What a great video! I had no clue how the process for those inner sections would be calculated when I started and was shocked at how intuitive it was that making them quarter circles and removing the triangle came right as you started saying the solution! Very well structured and paced!

I got it! After I discovered your channel, the first few problems I tried I couldn't get. But I'm getting better and better at them. How exciting!

I watched the other video in the description and I have another solution as well: 1/ calculate the A of the right claw by substracting the larger 1/4 circle (r=12) from the smaller 1/4 circle (r=8) and 2 squares on the left. 2/ calculate the A of the left claw by substracting the larger 1/4 circle (r=8) from the smaller 1/4 circle (r=4) and 1 square in the bottom mid. 3/ Add the A of the 2 claw and substract 1 extra left corner square. This is fun! Thanks for the vid!

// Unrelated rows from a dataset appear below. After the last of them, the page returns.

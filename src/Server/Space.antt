-- ===== src/Server/Space.antt =====
-- strings.TrimSpace, for what uploadInvalid of server/internal/ingest/processor/processor.go asks.
use ubuntu_insights.Base.{
  Bool, Bytes, [], false, if◌then◌else◌, leb, refl, suc, true, zero, ℕ, ◌&&◌, ◌-◌, ◌==◌, ◌||◌, ◌∷◌,
  ◌≡◌,
}

-- Whether strings.TrimSpace leaves nothing: the spaces of ASCII, and those of Unicode in UTF-8.
abbrev is_space : ℕ → Bool
is_space c = (c == 32) || (leb 9 c && leb c 13)

abbrev is_space_2 : ℕ → ℕ → Bool
is_space_2 c d = (c == 194) && ((d == 133) || (d == 160))

abbrev is_space_3 : ℕ → ℕ → ℕ → Bool
is_space_3 c d e =
    ((c == 225) && (d == 154) && (e == 128))
    || ((c == 226)
        && (d == 128)
        && ((leb 128 e && leb e 138) || (e == 168) || (e == 169) || (e == 175)))
    || ((c == 226) && (d == 129) && (e == 159))
    || ((c == 227) && (d == 128) && (e == 128))

-- The length of the space that a text begins with, 0 if it begins with none.
unfoldable pub space_width : Bytes → ℕ
space_width [] = 0
space_width (c ∷ []) = if is_space c then 1 else 0
space_width (c ∷ d ∷ []) = if is_space c then 1 else if is_space_2 c d then 2 else 0
space_width (c ∷ d ∷ e ∷ s) =
    if is_space c then 1 else if is_space_2 c d then 2 else if is_space_3 c d e then 3 else 0

unfoldable pub is_blank_from : ℕ → Bytes → Bool
is_blank_from skip [] = true
is_blank_from (suc skip) (c ∷ s) = is_blank_from skip s
is_blank_from zero (c ∷ s) =
    let width = space_width (c ∷ s) in
    let rest = is_blank_from (width - 1) s in if width == 0 then false else rest

is_blank_lem : is_blank_from 0 (32 ∷ 194 ∷ 160 ∷ 10 ∷ []) ≡ true
unfolding is_blank_from space_width
is_blank_lem = refl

Thanks so much for this stepped solution. I struggled with algebra and have not done it for nearly 20 years yet watching this really made my memory trigger with how do all that - i understood it and feel like i could apply those principles in other circumstances.

This assumes all curves are spherical - what if they were aspherical ? ...

This problem is extremely easy with some basic calculus. Calculating area by integration is one of the most common problems in early calculus courses. For this problem all you need besides integration is the equation for a circle.

If you add and subtract the obvious quarter circles, and use a pen to keep track of double counting for each little region, you find that you simply overcount by exactly 4 of the squares :) Quarter circles: 36pi + 16pi - 16pi - 4pi = 32pi Subtract the squares: 32pi - 64

These algebra videos have been great. I learned geometry and such years ago, but forgot the formulas. Nice to have the refresher.

If you cut the area along the diagonal from the top right to the bottom left, and rotate that piece on the left around the center of the large square by 180 degree, you can simply your calculation. The area would be a large circular segment minus a small circular segment, which is 36pi-72-(4pi-8)

Idk why my mind went straight to putting this image on a graph, splitting the curves up into different functions, and finding the area under the curve with integrals and adding them together.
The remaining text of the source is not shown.